The following metrics are provided in each entry of this metric group:

Metric Description Granularity
channel-id The physical channel identifier of the RoCE adapter. 15 seconds
adapter-usage The adapter percent usage (0-100%). 15 seconds

Manage events from CPC(Server) and HMC console

Critical events gets triggered from these servers due to some failures or incidents. Following types of events are sent to Instana to be displayed on the event page:

  • Problematic Hardware Messages from CPC
  • Problematic Hardware Messages from Console
  • Critical Console Audit Events
  • Critical Console Security Events

Troubleshoot

  • Import self-signed certificate used by Z HMC server If Z HMC server uses self-signed certificate make sure it is imported into the jvm's cacert. Also, if you see following exception in the log it implies Z HMC server uses self-signed certificate and it needs to be imported into the jvm's cacert. sun.security.provider.certpath.SunCertPathBuilderException: unable to find valid certification path to requested target. PKIX path building failed: sun.security.provider.certpath.SunCertPathBuilderException: unable to find valid certification path to requested target.

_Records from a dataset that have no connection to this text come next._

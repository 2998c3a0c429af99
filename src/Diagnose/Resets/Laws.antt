-- ===== src/Diagnose/Resets/Laws.antt =====
-- When the reset symptom is reported: the four packets in order, and the silence between the last
-- two of them.
use cute_pcap_mcp.Base.{
  Bool, true, false, not, ◌&&◌, List, [], ◌∷◌, Option, some, ◌≡◌, refl, sym, ◌∙◌, ◌↔◌, ◌⊎◌, inl,
  inr, if◌then◌else◌, arith, Bool-cases,
}
use cute_pcap_mcp.Diagnose.{Packet, Flow}
use cute_pcap_mcp.Diagnose.Windows.{is_forward, is_backward, is_opening}
use cute_pcap_mcp.Diagnose.Resets.{Handshake, is_none, handshake, no_handshake}

-- What the client and the server send in the four steps.
abbrev pub answers : Flow → Packet → Bool
answers flow p = is_backward flow p && p.syn && p.ack

abbrev pub confirms : Flow → Packet → Bool
confirms flow p = is_forward flow p && not p.syn && p.ack

abbrev pub resets : Flow → Packet → Bool
resets flow p = is_backward flow p && p.rst

abbrev pub steps : Flow → List (Packet → Bool)
steps flow = is_opening flow ∷ answers flow ∷ confirms flow ∷ resets flow ∷ []

-- Packets that pass the tests, one each, are among `ps` in the order of the tests.
abbrev pub Shows : List (Packet → Bool) → List Packet → Type 0
Shows [] ps = Unit
Shows (t ∷ ts) [] = ⊥
Shows (t ∷ ts) (p ∷ ps) = ((t p ≡ true) × Shows ts ps) ⊎ Shows (t ∷ ts) ps

-- The first packet that passes each test in turn.
abbrev pub greedy : List (Packet → Bool) → List Packet → Bool
greedy [] ps = true
greedy (t ∷ ts) [] = false
greedy (t ∷ ts) (p ∷ ps) =
    let taken = greedy ts ps in let left = greedy (t ∷ ts) ps in if t p then taken else left

Shows-tail :
    (t : Packet → Bool) (ts : List (Packet → Bool)) (ps : List Packet)
    → Shows (t ∷ ts) ps
    → Shows ts ps
Shows-tail t [] ps h = tt
Shows-tail t (u ∷ ts) [] h = absurd h
Shows-tail t (u ∷ ts) (p ∷ ps) (inl (e, h)) = inr h
Shows-tail t (u ∷ ts) (p ∷ ps) (inr h) = inr (Shows-tail t (u ∷ ts) ps h)

greedy-Shows : (ts : List (Packet → Bool)) (ps : List Packet) → greedy ts ps ≡ true → Shows ts ps
greedy-Shows [] ps e = tt
greedy-Shows (t ∷ ts) [] e = cc
greedy-Shows (t ∷ ts) (p ∷ ps) e = elim (Bool-cases (t p)) [
  | inl h ↦ inl (h, greedy-Shows ts ps (rw h at e))
  | inr h ↦ inr (greedy-Shows (t ∷ ts) ps (rw h at e))
]

Shows-greedy : (ts : List (Packet → Bool)) (ps : List Packet) → Shows ts ps → greedy ts ps ≡ true
Shows-greedy [] ps h = refl
Shows-greedy (t ∷ ts) [] h = absurd h
Shows-greedy (t ∷ ts) (p ∷ ps) (inl (e, h)) = rw e (Shows-greedy ts ps h)
Shows-greedy (t ∷ ts) (p ∷ ps) (inr h) = elim (Bool-cases (t p)) [
  | inl e ↦ rw e (Shows-greedy ts ps (Shows-tail t ts ps h))
  | inr e ↦ rw e (Shows-greedy (t ∷ ts) ps h)
]

abbrev pub is_found : Option Packet → Bool
is_found o = not (is_none o)

module _ (flow : Flow) where
  abbrev stage_syn : Packet → Handshake
  stage_syn s = record no_handshake { syn = some s }

  abbrev stage_synack : Packet → Packet → Handshake
  stage_synack s a = record (stage_syn s) { synack = some a }

  abbrev stage_ack : Packet → Packet → Packet → Handshake
  stage_ack s a k = record (stage_synack s a) { ack = some k }

  abbrev stage_rst : Packet → Packet → Packet → Packet → Handshake
  stage_rst s a k r = record (stage_ack s a k) { rst = some r }

  -- Whether the loop finds the last of the four packets.
  abbrev finds : Handshake → List Packet → Bool
  finds h ps = is_found (handshake flow h ps).rst

  after_rst : (s a k r : Packet) (ps : List Packet) → finds (stage_rst s a k r) ps ≡ true
  unfolding handshake
  after_rst s a k r [] = refl
  after_rst s a k r (p ∷ ps) = ground (arith, after_rst s a k r ps)

  after_ack :
      (s a k : Packet) (ps : List Packet)
      → finds (stage_ack s a k) ps ≡ greedy (resets flow ∷ []) ps
  unfolding handshake
  after_ack s a k [] = refl
  after_ack s a k (p ∷ ps) = ground (arith, after_rst s a k p ps, after_ack s a k ps)

  after_synack :
      (s a : Packet) (ps : List Packet)
      → finds (stage_synack s a) ps ≡ greedy (confirms flow ∷ resets flow ∷ []) ps
  unfolding handshake
  after_synack s a [] = refl
  after_synack s a (p ∷ ps) = ground (arith, after_ack s a p ps, after_synack s a ps)

  after_syn :
      (s : Packet) (ps : List Packet)
      → finds (stage_syn s) ps ≡ greedy (answers flow ∷ confirms flow ∷ resets flow ∷ []) ps
  unfolding handshake
  after_syn s [] = refl
  after_syn s (p ∷ ps) = ground (arith, after_synack s p ps, after_syn s ps)

  finds_lem : (ps : List Packet) → finds no_handshake ps ≡ greedy (steps flow) ps
  unfolding handshake
  finds_lem [] = refl
  finds_lem (p ∷ ps) = ground (arith, after_syn p ps, finds_lem ps)

  -- The loop finds the RST of a handshake exactly if a SYN of the client, a SYN ACK of the server,
  -- an ACK of the client and a RST of the server are among the packets in this order.
  pub handshake-Shows :
      (ps : List Packet)
      → (is_found (handshake flow no_handshake ps).rst ≡ true) ↔ Shows (steps flow) ps
  handshake-Shows ps = (
    λ e. greedy-Shows (steps flow) ps (sym (finds_lem ps) ∙ e),
    λ h. finds_lem ps ∙ Shows-greedy (steps flow) ps h,
  )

    Solution: Import a self-signed certificate by following the instructions from Self-Signed Certificate.

  • Self-signed certificate having invalid SAN The server certificate is invalid if the SAN does not have the expected ip address.

    Solution: Correct the server certificate and import it again.

  • 403 Forbidden The HTTP 403 Forbidden response status code indicates that the server understands the request but refuses to authorize it.

    Solution: Verify the credentials provided in the configuration.yaml file along with all the required permissions to the user.